Home > Freeks(11)

Freeks(11)
Author: Amanda Hocking

Her bleached blond hair was pulled back in a ponytail, and the sleeves of her white T-shirt were rolled up, revealing her well-toned arms. The cut-off jean shorts she wore barely covered her bum, and her old cowboy boots went up to her knees—her chosen footwear anytime she was at risk of stepping in tiger poop.

With fair skin, full lips, large blue eyes, and a dainty nose, Roxie was pretty and deceptively tough. Being a beautiful carnie was not an easy job, and dancing in the revue under the stage name “Foxy Roxie” didn’t help that. But she made decent money doing it, and Roxie never put up with anybody’s crap. I’d seen her deck guys much bigger than her and lay them out flat on their backs.

“I was just at a party,” I said as I rinsed the brush off in a bucket of bleach and warm water.

“A party?” Roxie looked over at me with a hand on her hip. “How’d you get invited to a party so fast?”

I shrugged. “I was just exploring town, and I saw some people hanging outside of this big house party, and they invited me in.”

“So what are the people like here? Are they nice?”

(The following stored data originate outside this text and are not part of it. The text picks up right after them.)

-- ===== src/Cache.antt =====
-- `Cache::Impl` of cache_lib.cc, over any evictor. Sizes are `uint32_t`, with their wrap-around.
mod Tests
pub mod Valid
pub mod Evicting
pub mod Count
pub mod Admit
pub mod Set
pub mod Fuel
pub mod Bound
pub mod History
pub mod Reads
pub mod Overflow
pub mod Outcomes
pub mod Total
use hw6_csci.Base.{
  ℕ, zero, suc, ◌+◌, ◌-◌, ◌%◌, ◌^◌, Bool, true, false, Option, none, some, [], ◌∷◌, ◌==◌, ltb, leb,
  if◌then◌else◌, Bytes, Fault, Outcome, ok, fault, ◌>>=◌, ◌>>◌,
}
use hw6_csci.Base.Dict.{Dict, find, contains, emplace, assign, erase}
use hw6_csci.Evictor.{Evictor}

-- Arithmetic of `uint32_t`.
abbrev pub u32 : ℕ → ℕ
u32 n = n % 2 ^ 32

abbrev pub sub32 : ℕ → ℕ → ℕ
sub32 a b = u32 (a + 2 ^ 32 - b)

-- The data members. `evictor` is `none` for `nullptr`.
pub record Cache (S : Type 0) : Type 0 where
  pub current_mem : ℕ
  pub vals : Dict Bytes
  pub sizes : Dict ℕ
  pub get_val : Bytes
  pub maxmem : ℕ
  pub evictor : Option S

-- The constructor.
abbrev pub make : {S : Type 0} → ℕ → Option S → Cache S
make maxmem evictor = record {
  current_mem = 0;
  vals = [];
  sizes = [];
  get_val = [];
  maxmem = maxmem;
  evictor = evictor;
}

-- What `std::string (val)` reads from the bytes at `val`: those before the first zero byte. An
-- array that holds none is read past its end.
unfoldable pub c_string : Bytes → Outcome Bytes
c_string [] = fault Fault.unterminated
c_string (c ∷ s) = let rest = c_string s in if c == 0 then ok [] else do r ← rest; ok (c ∷ r)

-- `assert (val != NULL)`, and the string.
unfoldable pub read_value : Option Bytes → Outcome Bytes
unfolding c_string
read_value none = fault Fault.assertion
read_value (some b) = c_string b

-- `m_cache_sizes.find (key)->second`
unfoldable pub size_of : Bytes → Dict ℕ → Outcome ℕ
size_of key sizes = elim (find key sizes) [ none ↦ fault Fault.missing_entry | some n ↦ ok n ]

-- By how much a value of the size changes the memory in use.
unfoldable pub actual_size : {S : Type 0} → Cache S → Bytes → ℕ → Outcome ℕ
unfolding size_of
actual_size c key size =
    if contains key c.vals then (do old ← size_of key c.sizes; ok (sub32 size old)) else ok size

-- The assignments through `existing_value` and `existing_size`, or the two calls of `emplace`, and
-- the new count. `existing` says that the search at the start of `set` found the key; the iterator
-- that it returned is dangling once the entry is erased.
unfoldable pub put_entry :
    {S : Type 0} (existing : Bool) → Bytes → Bytes → ℕ → ℕ → Cache S → Outcome (Cache S)
put_entry false key v size actual c = ok (record c {
  vals = emplace key v c.vals;
  sizes = emplace key size c.sizes;
  current_mem = u32 (c.current_mem + actual);
})
put_entry true key v size actual c =
    if contains key c.vals
    then if contains key c.sizes
      then ok (record c {
        vals = assign key v c.vals;
        sizes = assign key size c.sizes;
        current_mem = u32 (c.current_mem + actual);
      })
      else fault Fault.missing_entry
    else fault Fault.dangling_iterator

module _ (E : Evictor) where
  -- `if (m_evictor != nullptr) m_evictor->touch_key (key)`
  unfoldable pub touch : Bytes → Cache E.State → Outcome (Cache E.State)
  touch key c = elim c.evictor [
    | none ↦ ok c
    | some s ↦ do s' ← E.touch_key key s; ok (record c { evictor = some s' })
  ]

  -- One round of the loop of `set`.
  unfoldable pub evict_one : E.State → Cache E.State → Outcome (Cache E.State)
  evict_one s c = do
    (key, s') ← E.evict s
    ok (record c {
      vals = erase key c.vals;
      sizes = erase key c.sizes;
      current_mem = elim (find key c.sizes) [
        | none ↦ c.current_mem
        | some n ↦ sub32 c.current_mem n
      ];
      evictor = some s';
    })

  -- `while (m_current_mem + actual_size > m_maxmem)`, with a bound on the rounds.
  unfoldable pub evict_until : ℕ → ℕ → Cache E.State → Outcome (Cache E.State)
  unfolding evict_one
  evict_until zero actual c = fault Fault.out_of_fuel
  evict_until (suc fuel) actual c =
      let next : Outcome (Cache E.State) = elim c.evictor [
        | none ↦ fault Fault.null_pointer
        | some s ↦ do c' ← evict_one s c; evict_until fuel actual c'
      ] in
      if ltb c.maxmem (u32 (c.current_mem + actual)) then next else ok c

  -- The entry, and then the evictor's notice of it.
  unfoldable pub admit : Bool → Bytes → Bytes → ℕ → ℕ → Cache E.State → Outcome (Cache E.State)
  admit existing key v size actual c = do c' ← put_entry existing key v size actual c; touch key c'

  -- The branch of `set` for a value that does not fit as things are.
  unfoldable pub admit_by_eviction :
      ℕ → Bool → Bytes → Bytes → ℕ → ℕ → Cache E.State → Outcome (Cache E.State)
  admit_by_eviction fuel existing key v size actual c = elim c.evictor [
    | none ↦ ok c
    | some _ ↦ do c' ← evict_until fuel actual c; admit existing key v size actual c'
  ]

  unfoldable pub set : ℕ → Bytes → Option Bytes → ℕ → Cache E.State → Outcome (Cache E.State)
  unfolding admit put_entry touch evict_until admit_by_eviction actual_size read_value
  set fuel key val size c = if ltb c.maxmem size then ok c else do
    actual ← actual_size c key size
    v ← read_value val
    let existing = contains key c.vals
    if leb (u32 (c.current_mem + actual)) c.maxmem
        then admit existing key v size actual c
        else admit_by_eviction fuel existing key v size actual c

  -- `none` for a null pointer; `some n` for a pointer to the text in `get_val_`, with the size `n`.
  unfoldable pub get : Bytes → Cache E.State → Outcome (Option ℕ × Cache E.State)
  get key c = elim (find key c.vals) [
    | none ↦ ok (none, c)
    | some v ↦ do c' ← touch key c; n ← size_of key c'.sizes; ok (some n, record c' { get_val = v })
  ]

  -- `m_cache_sizes[key]` is 0 where the key is missing.
  unfoldable pub del : Bytes → Cache E.State → Bool × Cache E.State
  del key c =
      if contains key c.vals
      then (
        true,
        record c {
          current_mem = sub32 c.current_mem (elim (find key c.sizes) [ none ↦ 0 | some n ↦ n ]);
          vals = erase key c.vals;
          sizes = erase key c.sizes;
        },
      )
      else (false, c)

  unfoldable pub space_used : Cache E.State → ℕ
  space_used c = c.current_mem

  unfoldable pub reset : Cache E.State → Cache E.State
  reset c = record c { current_mem = 0; vals = []; sizes = [] }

Safēda had gotten up and climbed into the pool, and then she flopped down in it, splashing Roxie as she did. Roxie took a step back, but kept looking at me.

“I don’t know. The people I met last night seemed nice, and they were superrich, so that bodes well for the town, I guess.”

“Like how rich?” Roxie asked.

“Like their house is practically a mansion.” I dropped the brush in the water and sat back on my knees, taking a break to talk to her. “It was the nicest house I’ve ever been in, hands down.”

“Is that why you spent the night there?”

Roxie understood my fascination with houses. Well, “understood” wasn’t the right word. It was more like she knew of it, but didn’t understand it all. She’d grown up in an upper-middle-class family, in nice houses with basements, and thought they were about as boring and lame as she could imagine.

“Partly.” I nodded. “It was a really amazing house. There were pillars out front, and the front hall was bigger than my trailer.”

“It’s just a house, Mara.” Roxie shook her head.

“I know but…” I trailed off, trying to think of how to explain it to her. “You know how you felt when you first joined the sideshow two years ago? How everything seemed so exciting and fun, and I was like, ‘We live in cramped trailers. It kinda sucks.’”

Roxie nodded. “Yeah. But I still think this life is a million times better than my old life. I get to see everything. I get to decide things for myself. I can leave whenever I want. There’s nothing to hold me back or tie me down.”

She’d finished filling up the pool, so she twisted the nozzle on the hose to shut it off. Stepping carefully over an old tire and a large branch that the tigers used as toys, she went to the edge of the run and tossed the hose over the fence, before Mahilā decided to play with it and tore it up.

She walked over to the cage and scraped her boots on the edge, to be sure she didn’t track any poop inside, before climbing up inside it.

“So what was the other reason?” Roxie asked.

I kept scrubbing for a moment and didn’t look up at her when I said, “Gabe.”

“Gabe?” Roxie asked. “That sounds like a boy’s name.”

“That’s because it is.”

“Did you have sex with him?”

“No.” I shot her a look. “We just made out a little.”

“What what what?” Luka Zajíček happened to be walking by just in time to hear that, and he changed his course to walk over to the tiger cage. “Is that what you were up to last night?”

“That’s what sucks about living in a community so small. Whenever anything happens, everybody knows about it right away,” I muttered.

Luka put his arms through the cage bars and leaned against it, in the area I’d cleaned already. Since he was rather short, the floor came up to his chest, and his black hair fell into his eyes.

His eyes were the same shade of gray as mine, but his olive skin was slightly lighter than mine. We first met him when he joined the carnival four years ago, and the first thing my mom said was that she was certain that we were related somehow.

Unfortunately, Mom knew next to nothing about our family tree to be able to prove it. All she could really tell me was that we were a mixture of Egyptian, Turkish, and Filipino, with a bit of German thrown in for good measure.

Luka had been born in Czechoslovakia, but he’d moved here with his family when he was young, so he’d lost his accent.

He had recently roped me into helping him with a trick. He’d stand with his back against a wall, while I fired a crossbow around him. Originally, Blossom had been the one to help him, but she kept missing and shooting him in the leg or arm, so he’d asked me to do it because I had a steadier hand.

“So you made out with some local guy last night?” Luka asked, smirking at me. “Are you gonna see him again?”

“He’s a local guy. What do you think?” I asked, and gave him a hard look.

Luka shrugged. “Sometimes you bump into them again.”

“And that goes so well when they find out that I work and live with a traveling sideshow,” I said.

The floor was spotless, or at least as spotless as tiger cages can get, and I tossed my brush in the bucket and took off my yellow rubber gloves.